- _WHAT TO WORK ON_: Each line in the records that mentions the word "true" needs to be listed.

*** SOURCE MATERIAL Section Begins ***

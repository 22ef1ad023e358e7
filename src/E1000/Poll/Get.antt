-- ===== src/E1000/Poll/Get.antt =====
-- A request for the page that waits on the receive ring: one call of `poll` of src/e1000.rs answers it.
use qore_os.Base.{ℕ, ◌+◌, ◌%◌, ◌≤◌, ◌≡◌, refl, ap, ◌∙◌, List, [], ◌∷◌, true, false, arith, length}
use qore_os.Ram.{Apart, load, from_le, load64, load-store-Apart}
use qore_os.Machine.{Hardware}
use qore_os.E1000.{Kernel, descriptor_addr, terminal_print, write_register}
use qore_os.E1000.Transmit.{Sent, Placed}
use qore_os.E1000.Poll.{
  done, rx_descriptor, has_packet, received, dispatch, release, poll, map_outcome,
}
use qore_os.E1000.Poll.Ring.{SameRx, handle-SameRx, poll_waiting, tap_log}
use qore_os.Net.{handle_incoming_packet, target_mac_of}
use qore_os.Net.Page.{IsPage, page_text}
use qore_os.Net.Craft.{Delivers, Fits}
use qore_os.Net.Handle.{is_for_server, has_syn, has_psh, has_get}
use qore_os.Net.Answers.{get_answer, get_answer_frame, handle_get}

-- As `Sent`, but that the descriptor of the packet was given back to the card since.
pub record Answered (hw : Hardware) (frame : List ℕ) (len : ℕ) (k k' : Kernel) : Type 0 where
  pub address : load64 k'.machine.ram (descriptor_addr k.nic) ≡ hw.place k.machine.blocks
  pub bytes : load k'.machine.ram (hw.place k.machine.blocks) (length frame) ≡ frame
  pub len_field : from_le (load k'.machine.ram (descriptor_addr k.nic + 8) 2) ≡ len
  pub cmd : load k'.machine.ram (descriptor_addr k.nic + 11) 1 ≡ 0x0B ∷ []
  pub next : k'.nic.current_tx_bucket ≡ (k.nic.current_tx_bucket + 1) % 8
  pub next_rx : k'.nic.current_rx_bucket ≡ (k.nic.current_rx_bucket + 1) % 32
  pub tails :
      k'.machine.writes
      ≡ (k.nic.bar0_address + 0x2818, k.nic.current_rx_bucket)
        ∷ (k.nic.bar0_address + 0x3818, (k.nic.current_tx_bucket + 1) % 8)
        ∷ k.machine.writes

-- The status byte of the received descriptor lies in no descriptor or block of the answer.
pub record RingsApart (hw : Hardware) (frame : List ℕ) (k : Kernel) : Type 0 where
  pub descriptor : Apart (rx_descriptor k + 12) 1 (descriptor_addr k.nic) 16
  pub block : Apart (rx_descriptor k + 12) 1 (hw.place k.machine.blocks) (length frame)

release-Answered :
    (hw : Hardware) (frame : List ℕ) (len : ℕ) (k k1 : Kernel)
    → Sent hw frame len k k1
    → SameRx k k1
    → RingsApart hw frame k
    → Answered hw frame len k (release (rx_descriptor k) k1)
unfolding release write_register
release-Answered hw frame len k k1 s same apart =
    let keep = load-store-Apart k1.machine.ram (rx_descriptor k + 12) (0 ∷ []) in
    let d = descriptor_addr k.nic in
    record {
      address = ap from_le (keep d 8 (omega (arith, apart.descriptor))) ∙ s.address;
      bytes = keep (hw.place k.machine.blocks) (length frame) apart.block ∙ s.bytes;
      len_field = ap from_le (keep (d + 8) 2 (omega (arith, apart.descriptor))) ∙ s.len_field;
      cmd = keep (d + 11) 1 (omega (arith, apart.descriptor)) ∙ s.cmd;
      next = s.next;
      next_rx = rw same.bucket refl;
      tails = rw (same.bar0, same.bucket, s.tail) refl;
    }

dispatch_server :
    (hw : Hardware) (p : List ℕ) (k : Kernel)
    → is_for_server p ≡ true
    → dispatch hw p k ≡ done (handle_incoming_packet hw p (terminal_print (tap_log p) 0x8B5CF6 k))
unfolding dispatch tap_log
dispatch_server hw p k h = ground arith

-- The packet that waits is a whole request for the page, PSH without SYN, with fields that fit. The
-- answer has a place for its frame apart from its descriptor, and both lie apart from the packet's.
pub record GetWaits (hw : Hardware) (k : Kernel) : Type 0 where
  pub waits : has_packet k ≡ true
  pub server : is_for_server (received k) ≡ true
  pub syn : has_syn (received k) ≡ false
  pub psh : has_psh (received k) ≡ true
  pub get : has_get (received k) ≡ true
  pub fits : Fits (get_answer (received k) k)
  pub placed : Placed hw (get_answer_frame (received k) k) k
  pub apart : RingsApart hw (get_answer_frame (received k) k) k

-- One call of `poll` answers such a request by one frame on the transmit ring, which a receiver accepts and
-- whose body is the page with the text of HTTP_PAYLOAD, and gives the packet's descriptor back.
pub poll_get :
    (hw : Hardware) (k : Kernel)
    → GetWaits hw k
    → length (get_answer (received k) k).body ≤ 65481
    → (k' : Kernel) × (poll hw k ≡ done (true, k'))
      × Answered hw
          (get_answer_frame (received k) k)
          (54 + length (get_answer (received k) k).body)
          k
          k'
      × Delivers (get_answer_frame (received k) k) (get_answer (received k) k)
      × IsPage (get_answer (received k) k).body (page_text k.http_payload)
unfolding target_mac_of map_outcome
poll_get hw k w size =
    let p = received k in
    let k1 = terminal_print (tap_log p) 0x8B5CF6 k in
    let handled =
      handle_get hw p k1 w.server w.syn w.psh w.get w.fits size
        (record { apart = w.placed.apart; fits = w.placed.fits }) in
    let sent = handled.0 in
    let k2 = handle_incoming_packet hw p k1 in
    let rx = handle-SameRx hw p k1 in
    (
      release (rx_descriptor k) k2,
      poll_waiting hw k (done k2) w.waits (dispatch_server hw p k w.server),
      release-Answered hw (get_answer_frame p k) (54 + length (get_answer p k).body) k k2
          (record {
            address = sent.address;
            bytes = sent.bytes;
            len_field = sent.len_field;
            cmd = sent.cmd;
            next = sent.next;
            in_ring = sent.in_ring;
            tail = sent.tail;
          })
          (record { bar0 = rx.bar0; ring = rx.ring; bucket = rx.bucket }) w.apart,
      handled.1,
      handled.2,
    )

*** SOURCE MATERIAL Section Ends ***
*** SOURCE MATERIAL Section Begins ***

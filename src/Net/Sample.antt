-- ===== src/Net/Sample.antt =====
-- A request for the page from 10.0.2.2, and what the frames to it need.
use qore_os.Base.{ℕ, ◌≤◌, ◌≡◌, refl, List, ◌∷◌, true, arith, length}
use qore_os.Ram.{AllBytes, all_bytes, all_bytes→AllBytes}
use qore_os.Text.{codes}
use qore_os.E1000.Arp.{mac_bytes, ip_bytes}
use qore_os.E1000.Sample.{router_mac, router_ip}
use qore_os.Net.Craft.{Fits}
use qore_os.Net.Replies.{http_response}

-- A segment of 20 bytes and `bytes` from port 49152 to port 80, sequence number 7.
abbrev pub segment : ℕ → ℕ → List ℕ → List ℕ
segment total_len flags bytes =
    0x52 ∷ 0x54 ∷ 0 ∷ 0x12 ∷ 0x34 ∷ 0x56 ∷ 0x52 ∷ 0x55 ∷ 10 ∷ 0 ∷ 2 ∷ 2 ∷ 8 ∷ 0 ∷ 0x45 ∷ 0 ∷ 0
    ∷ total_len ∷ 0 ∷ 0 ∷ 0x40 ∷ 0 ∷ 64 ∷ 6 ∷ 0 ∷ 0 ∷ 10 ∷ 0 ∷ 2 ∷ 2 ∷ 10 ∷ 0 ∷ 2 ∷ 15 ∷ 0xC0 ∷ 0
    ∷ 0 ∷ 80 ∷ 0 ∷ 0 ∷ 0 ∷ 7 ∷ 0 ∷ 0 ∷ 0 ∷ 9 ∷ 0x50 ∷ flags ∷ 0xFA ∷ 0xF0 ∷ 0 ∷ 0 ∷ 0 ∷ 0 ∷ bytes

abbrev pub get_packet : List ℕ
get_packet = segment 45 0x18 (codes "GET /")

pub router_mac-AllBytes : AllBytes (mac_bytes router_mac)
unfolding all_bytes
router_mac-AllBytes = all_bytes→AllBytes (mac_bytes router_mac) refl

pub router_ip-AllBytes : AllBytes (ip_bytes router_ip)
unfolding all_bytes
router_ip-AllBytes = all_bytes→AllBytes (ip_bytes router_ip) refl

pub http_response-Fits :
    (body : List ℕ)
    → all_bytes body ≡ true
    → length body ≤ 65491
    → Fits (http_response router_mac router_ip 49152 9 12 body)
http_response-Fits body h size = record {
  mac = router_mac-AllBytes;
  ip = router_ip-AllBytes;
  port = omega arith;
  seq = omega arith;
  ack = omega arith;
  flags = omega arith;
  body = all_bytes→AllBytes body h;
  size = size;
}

*** SOURCE MATERIAL Section Ends ***

- _SOLUTION TO THE EXERCISE_:
use qore_os.Base.{ℕ, ◌+◌, ◌%◌, ◌≤◌, ◌≡◌, refl, ap, ◌∙◌, List, [], ◌∷◌, true, false, arith, length}
    → is_for_server p ≡ true
  pub waits : has_packet k ≡ true
  pub server : is_for_server (received k) ≡ true
  pub psh : has_psh (received k) ≡ true
  pub get : has_get (received k) ≡ true
    → (k' : Kernel) × (poll hw k ≡ done (true, k'))
use qore_os.Base.{ℕ, ◌≤◌, ◌≡◌, refl, List, ◌∷◌, true, arith, length}
    → all_bytes body ≡ true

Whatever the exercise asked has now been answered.